Hitherto, government revenues were spread across hundreds of bank accounts by over 600 ministries, departments and agencies (MDAs) of government (according to the Oronsaye committee on rationalization of government organs) in the 23 Deposit Money Banks in Nigeria and it is believed that such proliferation of accounts rendered government revenue susceptible to the risk of pilferage.

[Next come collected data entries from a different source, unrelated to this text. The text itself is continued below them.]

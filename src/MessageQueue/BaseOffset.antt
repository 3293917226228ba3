-- ===== src/MessageQueue/BaseOffset.antt =====
-- Messages whose base class `MessageBase` does not lie at their start, as with several base
-- classes.
use reiser_rt_core.Prelude.{ℕ, ◌+◌, ◌<◌, ◌≡◌, refl, inl, inr, List, [], ◌∷◌, ◌++◌, arith}
use reiser_rt_core.Outcome.{Outcome}
use reiser_rt_core.RingBufferGuarded.{done}
use reiser_rt_core.RingBufferGuarded.Contents.{Represents}
use reiser_rt_core.RingBufferGuarded.Calls.{put_stores}
use reiser_rt_core.MessageQueue.{MessageQueue, raw_put_and_notify}
use reiser_rt_core.MessageQueue.Messages.{give_back_cooked}
use reiser_rt_core.MessageQueue.Contents.{Placed, IsBlock, Owns}
use reiser_rt_core.MessageQueue.Blocks.{later}

module _ {M : Type 0} (q : MessageQueue M) (a base : ℕ) where
  inside_no-IsBlock : 0 < base → base < q.element_size → IsBlock q a → ¬ IsBlock q (a + base)
  inside_no-IsBlock pos small (i, hi, ea) (j, hj, eb) =
      grind (arith, later i j q.element_size, later j i q.element_size)

  -- A queue in use, a caller that holds a block, and in it a message whose base class lies inside,
  -- but not at its start: the manager of the message puts the address of the base class into the
  -- raw ring as the last free block, and it is the address of no block.
  pub base_address_returned :
      (free : List ℕ) (waiting : List (Placed M)) (held : List ℕ) {B : Type 0} (o : Outcome B)
      → 0 < base
      → base < q.element_size
      → Owns q free waiting (a ∷ held)
      → let c = give_back_cooked (a + base) o [] q in
        (c.progress ≡ done o)
        × Represents c.queue.raw_ring_buffer (free ++ (a + base) ∷ [])
        × (¬ IsBlock q (a + base))
  unfolding give_back_cooked raw_put_and_notify
  base_address_returned free waiting held o pos small h =
      elim (put_stores q.raw_ring_buffer h.raw_ready.in_state h.raw_ready.no_abort free (a + base)
        h.raw h.raw_ready.fits h.raw_ready.range) [
          | inl (full, _, _) ↦ absurd (omega (arith, h.all_there, h.raw_room))
          | inr (_, p, n, r) ↦ (rw p refl, rw p r, inside_no-IsBlock pos small h.held_blocks.0)
        ]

The other financially prudent measure aimed at optimizing the application of the revenue saved from the TSA operation through value-for-money contracts is the concept of Zero Based Budgeting, which is expected to offer better yield than the current Bureau of Public Procurement functions of scrutinizing contracts by MDAs before they are awarded. ZBB, which is also known as performance-based budgeting, is expected to, on implementation, secure for Nigeria the best value for every naira budgeted based on a thorough cost benefit analysis and prioritization of projects to be executed as opposed to spreading funds across several, sometimes frivolous, historical budget subheads.
Keep in mind that in addition to the policies earlier highlighted, at the inception of this administration, PMB had ordered the CBN and the Debt Management Office to grant soft loans and reschedule the debts of state governments that owed public/civil servants backlog of salaries – about N1 trillion in cash and bond – to lighten the financial burden on workers and reflate the states’ economies.
Given the foregoing initial policies and actions so far introduced, which have welfarist and, if you like, socialist colorations, it needs no emphasis that PMB is poised to run a government of the people, by the people and for the people, which is actually the primary and functional definition of democracy. Seen through the prism of Nigeria’s recent history of gluttony, the frugality of the current regime is tending towards socialism, but that is not sufficient enough to conclude that PMB’s government may have descended into socialism, as this is indeed a democratic government because the leadership was freely and transparently elected by Nigerians. However, because the regime’s policies have socialist trappings, it is undoubtedly tending towards democratic socialism. The nomenclature is derived from the fact that the current governance system in Nigeria appears to be a hybrid: harmonizing capitalism – a by-product of democracy that caters for the rich, side by side socialism, which is synonymous with the poor.
Put succinctly, democratic socialism, which a sideways look at the current PMB’s approach to leadership depicts, is actually not such a bad thing. In my view, PMB appears to be balancing between upholding the capitalist free market principles of democracy and at the same time operating the economy in a way that enables him to take the welfare of the masses into consideration. According to a recent New York Times article entitled “Guess Who Else Is A Socialist” by Timothy Egan, “Once you label something socialist, it brings to mind dour Soviet types trotting out dreary worker clothing for spring fashion line. Or, here at home, those sufferable parlor room Marxists who think it would be utopia if only we naturalized every Starbucks. In that sense, the worst thing about socialism is the socialist.”
The New York Times article was inspired by the recent U.S. Democratic Party presidential candidates’ TV debate, where Bernie Sanders, a front runner, is promoting socialist tenets and his message is resonating with many Americans hence, of all the five candidates, he is the only one giving Hillary Clinton, who is comfortably ahead of the pack, a bit of scare.